Exemplarisch wird das an den Temps von Kümmersbruck (östlich von Nürnberg) deutlich: Am Samstag noch in den unteren 3000m nicht ganz klar strukturiert und in 1500m sogar noch gestört sieht der vom Sonntag aus, wie ein Temp aussehen sollte: Klar strukturiert mit einer Inversion in knapp 2500m und mit dem richtigen Maß an Feuchte für Cumuli (Temps sind z.B. über wetteronline.de abrufbar).
Wer hat was draus gemacht?
Schon am Samstag hatten sich in beiden Ligen die Teams aus dem Süden warmgeflogen, die Aussichten für den Sonntag versprachen ja dann nochmal bessere Bedingungen. Das sollte abert nicht für alle gelten, denn ein Cirrenband zog von Südwesten herein (auf dem Stallietenbild vom Sonntag bereits im Südwesten erkennbar) und sorgte für eine Thermikflaute vor allem über dem (Süd)Schwarzwald und Teilen der westlichen Alb.

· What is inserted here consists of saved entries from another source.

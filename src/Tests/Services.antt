-- ===== src/Tests/Services.antt =====
-- Runs of the log level, the readiness checks, the concurrency limiter and the request budget.
use nodejs_basics.Prelude.{◌≤◌, true, false, none, some, [], ◌∷◌, ◌≡◌, ◌⊎◌, refl, arith, string_key}
use nodejs_basics.Prelude.Int.{pos}
use nodejs_basics.LogLevel
use nodejs_basics.LogLevel.{info, debug}
use nodejs_basics.LogLevel.Durations.{format_duration, parsed_total, parsed_total-format_duration}
use nodejs_basics.LogLevel.Expiry.{fire_all, expires_to_base}
use nodejs_basics.Readiness
use nodejs_basics.Readiness.{ReadinessCheck, Race, not_ready, degraded}
use nodejs_basics.Concurrency
use nodejs_basics.Concurrency.Limit.{IsWithin, run-limit}

abbrev changed_once : LogLevel.LogLevel
changed_once = record {
  base = info;
  max_ttl_ms = 1000;
  current = debug;
  generation = 1;
  expires = some 60;
  timer = some 1;
  told = [];
}

expires_to_base_example :
    let changed = LogLevel.set changed_once debug (pos 50) 20 in
    let ended = LogLevel.revert (fire_all changed (1 ∷ [])) 2 in
    (fire_all changed (1 ∷ []) ≡ changed)
    × (ended.current ≡ info)
    × (ended.expires ≡ none)
    × (ended.timer ≡ none)
expires_to_base_example = expires_to_base changed_once debug 49 20 (1 ∷ []) (omega arith, tt)

abbrev cache : ReadinessCheck
cache = record { name = "cache"; timeout_ms = none; optional = true }

abbrev service : Readiness.Service
service = record { checks = []; registered = cache ∷ []; ready = true; last = [] }

abbrev race : ReadinessCheck → Race
race c = Readiness.runs_out

cache_is_degraded : (Readiness.check service race).1.status ≡ degraded
unfolding Readiness.check
cache_is_degraded = refl

abbrev limiter : Concurrency.Limiter
limiter = record {
  limit = 1;
  min_limit = 1;
  max_limit = 10;
  backoff_factor = record { part = 9; whole = 10 };
  target_rtt_factor = record { part = 2; whole = 1 };
  in_flight = 0;
  min_rtt = none;
  waiters = 0;
  woken = 0;
}

limiter-IsWithin : IsWithin limiter
limiter-IsWithin = record {
  factor = omega arith;
  whole = omega arith;
  low = omega arith;
  high = omega arith;
  one = omega arith;
}

run-limit_example :
    let l =
      Concurrency.run limiter
        (Concurrency.acquires ∷ Concurrency.acquires ∷ Concurrency.releases 5 false ∷ []) in
    (l.min_limit ≤ l.limit)
    × (l.limit ≤ l.max_limit)
    × ((l.waiters ≡ 0) ⊎ (l.limit ≤ l.in_flight))
    × ((l.in_flight ≡ 0) → (l.waiters ≡ 0))
run-limit_example =
    run-limit limiter
      (Concurrency.acquires ∷ Concurrency.acquires ∷ Concurrency.releases 5 false ∷ [])
      limiter-IsWithin refl

parsed_total-format_duration_example : parsed_total (format_duration 5405007) ≡ 5405007
parsed_total-format_duration_example = parsed_total-format_duration 5405007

Am Samstag noch in Führung liegend, mussten die Winzelner fast tatenlos zusehen, wie man nach unten in der Tabelle durchgereicht wurde.
Samstag noch punktlos setzte die sich die FLG Blaubeuren an die Spitze dieser Runde: Karl Eugen Bauder legte mit dem schnellsten indexkorrigierten Schnitt der Runde (122km/h) vor. Er hatte seinene Flug konsequent nach Osten ausgelegt und dort die schnellsten
Bedingungen vorgefunden. Dirk Ströbl und Sebastian Bauer starteten zunächst noch in Richtung Westen, um dann ihre Speed doch ebenfalls in Richtung Osten zu machen. Dass auch der Wetterraum östlich von Aalen besser lief, zeigt der LSR Aalen auf Rundenplatz 2. MIt dem Startplatz schon im Osten - und dann zum Teil mit Strecken in Richtung Westen und damit auf Abstand zu den ersten Überentwicklungen im Bayerischen Wald - war der FLC Schwandorf unterwegs. Wie die Meeting Points zeigen, traf man dort dann auf die Schwäbische Konkurrenz. Nicht unerwähnt bleiben soll natürlich, dass der Sonntag nicht nur für die Liga tauglich war, sondern auch für die (ganz) lange Strecke, denn Alex Späth, Uli Schwenk/Dominik Süß und gelang der Sprung über die 1000km und Alex Müller führt mit fast 1200km die Punkteliste im OLC-Plus unangefochten an.
Auch in Liga 2 dominiert der Südosten die Ranglisten, allen voran der SFV Bad Wörishofen, für den Simon Schröder am schnellsten (113km/h) unterwegs war, knapp gefolgt von Robert Schröder. Unterstützz von Kilian Biechel konnte der Rundensieg am Ende souverän vor dem, AC Esslingen und der LSG Hersbruck erflogen werden. Nach Norden hin nahm die Punkteausbeute in beiden Ligen kontinuierlich ab, zumindest  kam für den einen oder anderen Verein aber noch Trostpunkte heraus. Auch in den Tabellen beider Ligen finden sich weiter Vereine vor allem aus dem Süden wieder, wobei Titelverteidiger Aalen nur einen äußerst knappen Vorsprung vor der Konkurrenz hat, während die SFG Seinwald die Liga 2 dagegen relativ souverän anführt.